Available: TensorFlow 1.5 for Jetson TX2

jesp.hc · January 17, 2018, 9:41am

Hi guys,

Thank you for all the good information that you make available to us here.

I just wanted to share with you that I successfully build and installed TensorFlow 1.5 on the Jetson TX2.
I have made the wheel-file for installing publicly available at: GitHub - JesperChristensen89/TensorFlow-Jetson-TX2: Pre-built wheel files for installing TensorFlow on Jetson TX2

I have tested the installation with CUDA 8 and cuDNN 6 and have successfully deployed SSD models from the TensorFlow Object Detection API in a Jupyter Notebook environment with TensorFlow.

CHuang1 · January 17, 2018, 11:27pm

jesp-hc,
Thanks for sharing your effort with Jetson community.

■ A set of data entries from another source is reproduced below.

-- ===== src/Upload/HashName/Shape.antt =====
-- The form of the names that `encodeHash` makes.
use verm.Prelude.{
  ℕ, zero, suc, ◌+◌, ◌*◌, ◌/◌, ◌%◌, ◌<◌, ◌≡◌, refl, ap, Bool, true, ◌&&◌, ◌||◌, some, [], ◌∷◌, ◌++◌,
  Bytes, length, All, ◌==◌, leb, passes_below, passes_at, arith,
}
use verm.Upload.HashName.{symbol, encode_triple, encode_rest, encode_dir, encode_hash, ◌>>=◌}

abbrev pub IsByte : ℕ → Type 0
IsByte b = b < 256

-- The characters of a name: the base64url alphabet.
abbrev is_name_char : ℕ → Bool
is_name_char c =
    leb b'A' c && leb c b'Z'
    || leb b'a' c && leb c b'z'
    || leb b'0' c && leb c b'9'
    || c == b'-'
    || c == b'_'

abbrev is_first_char : ℕ → Bool
is_first_char c = leb b'A' c && leb c b'Z' || leb b'a' c && leb c b'f'

abbrev pub IsNameChar : ℕ → Type 0
IsNameChar c = is_name_char c ≡ true

-- The first character of a directory or file name: a letter, never `-`.
abbrev pub IsFirstChar : ℕ → Type 0
IsFirstChar c = is_first_char c ≡ true

name_table : passes_below (λ i. is_name_char (symbol i)) 64 ≡ true
unfolding passes_below symbol
name_table = refl

first_table : passes_below (λ i. is_first_char (symbol i)) 32 ≡ true
unfolding passes_below symbol
first_table = refl

symbol-IsNameChar : (i : ℕ) → i < 64 → IsNameChar (symbol i)
symbol-IsNameChar i h = passes_at (λ j. is_name_char (symbol j)) 64 name_table i h

symbol-IsFirstChar : (i : ℕ) → i < 32 → IsFirstChar (symbol i)
symbol-IsFirstChar i h = passes_at (λ j. is_first_char (symbol j)) 32 first_table i h

encode_triple-IsNameChar :
    (s0 s1 s2 : ℕ) → IsByte s0 → IsByte s1 → IsByte s2 → All IsNameChar (encode_triple s0 s1 s2)
unfolding encode_triple
encode_triple-IsNameChar s0 s1 s2 b0 b1 b2 = (
  symbol-IsNameChar _ (omega arith),
  (
    symbol-IsNameChar _ (omega arith),
    (symbol-IsNameChar _ (omega arith), (symbol-IsNameChar _ (omega arith), tt)),
  ),
)

-- `3 * n` bytes are encoded without a panic, as `4 * n` characters.
encode_rest_total :
    (n : ℕ) (md : Bytes)
    → length md ≡ n * 3
    → All IsByte md
    → (out : Bytes) × (encode_rest md ≡ some out) × (length out ≡ n * 4) × All IsNameChar out
unfolding encode_rest encode_triple
encode_rest_total n [] h b = ([], refl, omega arith, tt)
encode_rest_total n (s0 ∷ []) h b = absurd (omega arith)
encode_rest_total n (s0 ∷ s1 ∷ []) h b = absurd (omega arith)
encode_rest_total zero (s0 ∷ s1 ∷ s2 ∷ md) h b = absurd (omega arith)
encode_rest_total (suc n) (s0 ∷ s1 ∷ s2 ∷ md) h (b0, (b1, (b2, b))) =
    let (out, e, len, chars) = encode_rest_total n md (omega arith) b in
    let (c0, (c1, (c2, (c3, _)))) = encode_triple-IsNameChar s0 s1 s2 b0 b1 b2 in
    (encode_triple s0 s1 s2 ++ out, ground (arith, e), omega arith, (c0, (c1, (c2, (c3, chars)))))

-- What `encodeHash` promises of a hash of 32 bytes: a directory `/xy` and a file name `/z…`.
pub record IsHashName (dir dst : Bytes) : Type 0 where
  pub x : ℕ
  pub y : ℕ
  pub z : ℕ
  pub rest : Bytes
  pub dir_eq : dir ≡ b'/' ∷ x ∷ y ∷ []
  pub dst_eq : dst ≡ b'/' ∷ z ∷ rest
  pub x_first : IsFirstChar x
  pub z_first : IsFirstChar z
  pub y_char : IsNameChar y
  pub rest_chars : All IsNameChar rest
  pub rest_length : length rest ≡ 40

-- A hash of 32 bytes is encoded without an index out of range: the directory is `/` and two
-- characters, the file name `/` and 41, all from the base64url alphabet, and the first character of
-- each is one of the letters A-Z and a-f, so never `-`.
pub encode_hash-IsHashName :
    (md : Bytes)
    → length md ≡ 32
    → All IsByte md
    → (dir : Bytes) × (dst : Bytes) × (encode_hash md ≡ some (dir, dst)) × IsHashName dir dst
unfolding encode_hash
encode_hash-IsHashName [] h b = absurd (omega arith)
encode_hash-IsHashName (m0 ∷ []) h b = absurd (omega arith)
encode_hash-IsHashName (m0 ∷ m1 ∷ md) h (b0, (b1, b)) =
    let (out, e, len, chars) = encode_rest_total 10 md (omega arith) b in
    (
      _,
      _,
      ap (λ o. o >>= λ rest. some (encode_dir m0 m1, b'/' ∷ symbol (m1 % 32) ∷ rest)) e,
      record {
        x = symbol (m0 / 8);
        y = symbol (m0 % 8 * 8 + m1 / 32);
        z = symbol (m1 % 32);
        rest = out;
        dir_eq = refl;
        dst_eq = refl;
        x_first = symbol-IsFirstChar (m0 / 8) (omega arith);
        z_first = symbol-IsFirstChar (m1 % 32) (omega arith);
        y_char = symbol-IsNameChar (m0 % 8 * 8 + m1 / 32) (omega arith);
        rest_chars = chars;
        rest_length = len;
      },
    )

AastaLLL · January 18, 2018, 2:16am

Thanks for your sharing.

We have released CUDA 9.0 in JetPack3.2 DP.
Could you also try to build TensorFlow-1.5 with JetPack3.2 DP?

Thanks.

jesp.hc · January 18, 2018, 8:11am

I tested TensorFlow 1.5 along with CUDA 9.0 and cuDNN 7.0 from JetPack3.2 DP and can confirm that it works as well.
I am still not able to run any of the Faster R-CNN models, see: Faster R-CNN: too many resources requested for launch - Jetson TX2 - NVIDIA Developer Forums
However smaller models as SSD works perfectly fine.

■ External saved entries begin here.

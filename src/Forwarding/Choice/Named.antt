-- ===== src/Forwarding/Choice/Named.antt =====
-- The locations that uploads are given are those that reads are forwarded for.
use verm.Prelude.{
  ℕ, true, false, [], ◌∷◌, ◌++◌, Bytes, length, ◌≡◌, refl, sym, ap, ◌∙◌, arith, All, append_assoc,
}
use verm.Http.{HttpRequest}
use verm.Upload.HashName.Shape.{IsHashName, IsNameChar, IsFirstChar}
use verm.Forwarding.Choice.{
  is_hash_first, is_hash_char, extension_here, chars_here, hash_here, matches_hash, last_is_zero,
  should_forward_read,
}

name_char : (c : ℕ) → IsNameChar c → is_hash_char c ≡ true
name_char c h = ground arith

first_char : (c : ℕ) → IsFirstChar c → is_hash_first c ≡ true
first_char c h = ground arith

chars_here-append :
    (s tail : Bytes) → All IsNameChar s → chars_here (length s) (s ++ tail) ≡ extension_here tail
unfolding chars_here
chars_here-append [] tail h = refl
chars_here-append (c ∷ s) tail (n, h) = rw (name_char c n) (chars_here-append s tail h)

matches_hash-append : (s t : Bytes) → matches_hash t ≡ true → matches_hash (s ++ t) ≡ true
unfolding matches_hash
matches_hash-append [] t h = h
matches_hash-append (c ∷ s) t h = rw (matches_hash-append s t h) (ground arith)

here-matches : (s : Bytes) → hash_here s ≡ true → matches_hash s ≡ true
unfolding hash_here matches_hash
here-matches [] h = cc
here-matches (c ∷ s) h = rw (matches_hash, h) refl

name_here :
    (x y z : ℕ) (s : Bytes)
    → IsFirstChar x
    → IsNameChar y
    → IsFirstChar z
    → chars_here 40 s ≡ true
    → hash_here (b'/' ∷ x ∷ y ∷ b'/' ∷ z ∷ s) ≡ true
unfolding hash_here
name_here x y z s hx hy hz h = rw (first_char x hx, name_char y hy, first_char z hz, h) refl

-- A read of a location that is made of a directory, the name for a hash, and nothing or an extension is
-- forwarded, if the request does not say otherwise.
pub should_forward_read-named :
    (r : HttpRequest) (path dir dst tail : Bytes)
    → IsHashName dir dst
    → extension_here tail ≡ true
    → r.path ≡ (path ++ (dir ++ dst)) ++ tail
    → last_is_zero r.forward_values ≡ false
    → should_forward_read r ≡ true
unfolding should_forward_read
should_forward_read-named r path dir dst tail name extended e asked =
    let chars : chars_here 40 (name.rest ++ tail) ≡ true =
      ap (λ n. chars_here n (name.rest ++ tail)) (sym name.rest_length)
      ∙ chars_here-append name.rest tail name.rest_chars
      ∙ extended in
    rw (asked, e, append_assoc path (dir ++ dst) tail, name.dir_eq, name.dst_eq)
      (matches_hash-append path _ (
        here-matches _ (
          name_here name.x name.y name.z (name.rest ++ tail) name.x_first name.y_char name.z_first
            chars)))
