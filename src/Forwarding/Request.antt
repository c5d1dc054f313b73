-- ===== src/Forwarding/Request.antt =====
-- `forwardRequest` of a target, in replica_forwarding.go: the request that a replica is sent for a read.
pub mod Loop
use verm.Prelude.{
  ℕ, Bool, true, false, Option, none, some, List, [], ◌∷◌, ◌++◌, Bytes, codes, bytes_eq,
  before_byte, behind_byte, split, if◌then◌else◌,
}
use verm.Http.{Header, HttpRequest, Response, get}
use verm.Forwarding.{copy_header_field, Reply, successful, forward_read}
use verm.Forwarding.Choice.{should_forward_read}

-- The request to a replica: a GET, with the `Accept-Encoding` of the one that is forwarded.
pub record ForwardRequest : Type 0 where
  pub url : Bytes
  pub header : Header

unfoldable pub forward_url : Bytes × Bytes → Bytes → Bytes
forward_url (hostname, port) path =
    codes "http://" ++ (hostname ++ (codes ":" ++ (port ++ (path ++ codes "?forward=0"))))

unfoldable pub forward_request : Bytes × Bytes → HttpRequest → ForwardRequest
forward_request target r = record {
  url = forward_url target r.path;
  header = copy_header_field r.header [] (codes "Accept-Encoding");
}

-- The targets, whether `http.NewRequest` takes a URL, the client, which gives none for an error, and the
-- order in which the outcomes for the targets come in.
pub record Replicas : Type 0 where
  pub targets : List (Bytes × Bytes)
  pub takes_url : Bytes → Bool
  pub proxy_client : ForwardRequest → Option Reply
  pub arrival : List (Option Reply) → List (Option Reply)

module _ (replicas : Replicas) where
  -- The outcomes for the targets, in their order. Behind a URL that is refused, the header of a request
  -- that is nil is used: the process panics, which is none.
  unfoldable pub outcomes : List (Bytes × Bytes) → HttpRequest → Option (List (Option Reply))
  outcomes [] r = some []
  outcomes (t ∷ targets) r =
      let rest = outcomes targets r in
      if replicas.takes_url (forward_url t r.path)
      then elim rest [
        | none ↦ none
        | some os ↦ some (replicas.proxy_client (forward_request t r) ∷ os)
      ]
      else none

  unfoldable pub received : Option (List (Option Reply)) → Response → Option (Option Response)
  received none w = none
  received (some os) w = some (forward_read (replicas.arrival os) w)

  -- `server.shouldForwardRead(req) && server.forwardRead(w, req)`, with the response that is written;
  -- the outer none is a panic.
  unfoldable pub forward_if_needed : HttpRequest → Response → Option (Option Response)
  forward_if_needed r w =
      if should_forward_read r then received (outcomes replicas.targets r) w else some none

-- `req.URL.Query()[name]` for a URL: the query stands between the first `?` and a fragment. `unescape` is
-- `url.QueryUnescape`.
module _ (unescape : Bytes → Bytes) where
  unfoldable pub values_of : Bytes → List Bytes → List Bytes
  values_of name [] = []
  values_of name (pair ∷ pairs) =
      let rest = values_of name pairs in
      if bytes_eq (unescape (before_byte pair b'=')) name
      then unescape (behind_byte pair b'=') ∷ rest
      else rest

  unfoldable pub query_values : Bytes → Bytes → List Bytes
  query_values url name = values_of name (split (behind_byte (before_byte url b'#') b'?') b'&')
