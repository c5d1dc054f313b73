-- ===== src/Prelude/Plain.antt =====
-- How the text functions act on text in which they find nothing to do.
use Prim.Native.Nat.{ℕ, suc}
use mathlib.Core.Path.{◌≡◌, refl}
use mathlib.Core.Bool.{false}
use mathlib.Core.List.{[], ◌∷◌, ◌++◌}
use mathlib.Core.Option.{some, none}
use native.Mathlib.Omega.{arith}
use verm.Prelude.Tests.{==_refl}
use verm.Prelude.Lists.{All, length, drop, take_append}
use verm.Prelude.Text.{
  Bytes, Lacks, split, split_head, index_byte, before_byte, behind_byte, trim_space, trim_left,
  trim_right, is_space,
}

-- Text without white space.
abbrev pub IsTight : Bytes → Type 0
IsTight = All (λ c. is_space c ≡ false)

trim_left_tight : (s : Bytes) → IsTight s → trim_left s ≡ s
unfolding trim_left
trim_left_tight [] t = refl
trim_left_tight (c ∷ s) t = rw t.0

trim_right_tight : (s : Bytes) → IsTight s → trim_right s ≡ s
unfolding trim_right
trim_right_tight [] t = refl
trim_right_tight (c ∷ []) t = rw t.0
trim_right_tight (c ∷ d ∷ s) t = rw (trim_right_tight (d ∷ s) t.1, trim_right)

pub trim_space_tight : (s : Bytes) → IsTight s → trim_space s ≡ s
unfolding trim_space
trim_space_tight s t = rw (trim_left_tight s t) (trim_right_tight s t)

-- Text without the separator is one part.
pub split_lacking : (s : Bytes) (sep : ℕ) → Lacks sep s → split s sep ≡ s ∷ []
unfolding split
split_lacking [] sep l = refl
split_lacking (c ∷ s) sep l = rw (split_lacking s sep l.1) (ground arith)

-- The first occurrence of a byte.
pub index_byte-append :
    (x y : Bytes) (c : ℕ) → Lacks c x → index_byte (x ++ c ∷ y) c ≡ some (length x)
unfolding index_byte
index_byte-append [] y c l = rw (==_refl c)
index_byte-append (d ∷ x) y c l = rw (index_byte-append x y c l.1) (ground arith)

index_byte-lacking : (s : Bytes) (c : ℕ) → Lacks c s → index_byte s c ≡ none
unfolding index_byte
index_byte-lacking [] c l = refl
index_byte-lacking (d ∷ s) c l = rw (index_byte-lacking s c l.1) (ground arith)

pub before_byte-lacking : (s : Bytes) (c : ℕ) → Lacks c s → before_byte s c ≡ s
unfolding before_byte
before_byte-lacking s c l = rw (before_byte, index_byte-lacking s c l) refl

drop_past : (x y : Bytes) (c : ℕ) → drop (suc (length x)) (x ++ c ∷ y) ≡ y
unfolding drop
drop_past [] [] c = refl
drop_past [] (d ∷ y) c = refl
drop_past (d ∷ x) y c = drop_past x y c

pub behind_byte-append : (x y : Bytes) (c : ℕ) → Lacks c x → behind_byte (x ++ c ∷ y) c ≡ y
unfolding behind_byte
behind_byte-append x y c l = rw (behind_byte, index_byte-append x y c l) (drop_past x y c)

pub before_byte-append : (x y : Bytes) (c : ℕ) → Lacks c x → before_byte (x ++ c ∷ y) c ≡ x
unfolding before_byte
before_byte-append x y c l = rw (before_byte, index_byte-append x y c l) (take_append x (c ∷ y))

-- The part before a separator is the first one.
pub split-append :
    (x y : Bytes) (sep : ℕ) → Lacks sep x → split (x ++ sep ∷ y) sep ≡ x ∷ split y sep
unfolding split split_head
split-append [] y sep l = rw (==_refl sep) refl
split-append (c ∷ x) y sep l = rw (split-append x y sep l.1) (ground arith)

AastaLLL · January 22, 2018, 8:29am

Hi,

Let’s check this issue on topic 1028798:

Thanks.

kallud32qg · February 5, 2018, 12:48pm

Hi Jesper & AastaLLL

I’ve built tensorflow 1.5 on Jetpack 3.2 with the following combinations:

Bazel 0.8.0 / Bazel 0.9.0
GCC 4.8.5 / 5.4.0
CUDA 9.0

My experience on Tx2 is that the stability (doesn’t always start) and inference performance isn’t that great.
Could you please share some some of the details related to your build so I can reproduce on Jetpack 3.2.

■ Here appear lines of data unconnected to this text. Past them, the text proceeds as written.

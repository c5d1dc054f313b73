-- ===== src/Forwarding/Request/Loop.antt =====
-- A replica does not forward what was forwarded to it.
use verm.Prelude.{
  ℕ, false, [], ◌∷◌, ◌++◌, append_assoc, Bytes, codes, bytes_eq, index_byte, before_byte,
  behind_byte, split, take, drop, Lacks, All, All-append, ◌≡◌, ◌≢◌, refl, arith,
}
use verm.Prelude.Plain.{before_byte-lacking, behind_byte-append}
use verm.Http.{HttpRequest}
use verm.Forwarding.Choice.{last_is_zero, should_forward_read}
use verm.Forwarding.Request.{forward_url, values_of, query_values}

-- The text in front of the query.
address : Bytes → Bytes → Bytes → Bytes
address hostname port path = codes "http://" ++ (hostname ++ (codes ":" ++ (port ++ path)))

address-Lacks :
    (c : ℕ) (hostname port path : Bytes)
    → Lacks c (codes "http://")
    → Lacks c hostname
    → Lacks c (codes ":")
    → Lacks c port
    → Lacks c path
    → Lacks c (address hostname port path)
unfolding address
address-Lacks c hostname port path l0 l1 l2 l3 l4 =
    All-append (λ b. b ≢ c) (codes "http://") _ l0
      (All-append (λ b. b ≢ c) hostname _ l1
        (All-append (λ b. b ≢ c) (codes ":") _ l2 (All-append (λ b. b ≢ c) port path l3 l4)))

forward_url_lem :
    (hostname port path : Bytes)
    → forward_url (hostname, port) path ≡ address hostname port path ++ b'?' ∷ codes "forward=0"
unfolding forward_url address
forward_url_lem hostname port path =
    rw
      (
        append_assoc hostname (codes ":" ++ (port ++ path)) (codes "?forward=0"),
        append_assoc port path (codes "?forward=0"),
      )
      refl

module _ (unescape : Bytes → Bytes) (name_kept : unescape (codes "forward") ≡ codes "forward")
    (value_kept : unescape (codes "0") ≡ codes "0") where
  own_query : values_of unescape (codes "forward") (split (codes "forward=0") b'&') ≡ codes "0" ∷ []
  unfolding values_of split before_byte behind_byte index_byte take drop bytes_eq
  own_query = rw (name_kept, value_kept) refl

  query_of :
      (hostname port path : Bytes)
      → All (λ b. (b ≢ b'?') × (b ≢ b'#')) hostname
      → All (λ b. (b ≢ b'?') × (b ≢ b'#')) port
      → All (λ b. (b ≢ b'?') × (b ≢ b'#')) path
      → query_values unescape (forward_url (hostname, port) path) (codes "forward") ≡ codes "0" ∷ []
  unfolding query_values
  query_of hostname port path h1 h2 h3 =
      let marks =
        address-Lacks b'?' hostname port path (ground arith) (lacks_mark hostname h1) (ground arith)
          (lacks_mark port h2) (lacks_mark path h3) in
      let hashes =
        address-Lacks b'#' hostname port path (ground arith) (lacks_hash hostname h1) (ground arith)
          (lacks_hash port h2) (lacks_hash path h3) in
      let plain : Lacks b'#' (address hostname port path ++ b'?' ∷ codes "forward=0") =
        All-append (λ b. b ≢ b'#') (address hostname port path) _ hashes (ground arith) in
      rw
        (
          forward_url_lem hostname port path,
          before_byte-lacking (address hostname port path ++ b'?' ∷ codes "forward=0") b'#' plain,
          behind_byte-append (address hostname port path) (codes "forward=0") b'?' marks,
        )
        own_query
    where
      lacks_mark : (s : Bytes) → All (λ b. (b ≢ b'?') × (b ≢ b'#')) s → Lacks b'?' s
      lacks_mark [] h = tt
      lacks_mark (c ∷ s) (h, hs) = (h.0, lacks_mark s hs)

      lacks_hash : (s : Bytes) → All (λ b. (b ≢ b'?') × (b ≢ b'#')) s → Lacks b'#' s
      lacks_hash [] h = tt
      lacks_hash (c ∷ s) (h, hs) = (h.1, lacks_hash s hs)

  -- A server does not forward a request that was forwarded to it, if neither the name of the server nor
  -- the path has a question mark or a hash sign.
  pub should_forward_read-forwarded :
      (hostname port path : Bytes) (r : HttpRequest)
      → All (λ b. (b ≢ b'?') × (b ≢ b'#')) hostname
      → All (λ b. (b ≢ b'?') × (b ≢ b'#')) port
      → All (λ b. (b ≢ b'?') × (b ≢ b'#')) path
      → r.forward_values
        ≡ query_values unescape (forward_url (hostname, port) path) (codes "forward")
      → should_forward_read r ≡ false
  unfolding should_forward_read last_is_zero bytes_eq
  should_forward_read-forwarded hostname port path r h1 h2 h3 e =
      rw (e, query_of hostname port path h1 h2 h3) refl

I’m on Jetpack 3.2 because the performance/stability was roughly the same on 3.1.

Best regards,
Kalevi

jesp.hc · February 5, 2018, 1:11pm

Hi Kalevi,

Could you please expand a bit on you issues and what informations you seek?

Have you tried with my built on TF 1.5 on JetPack 3.2?

Best,
Jesper

kallud32qg · February 6, 2018, 8:40am

Hi Jesper,

I tried your wheel but as its built for Jetpack 3.1 and CUDA 8 it can’t load the cuda 8 libraries.

I’m looking for some your specific build choices and assume you built this on Jetson TX2 itself ?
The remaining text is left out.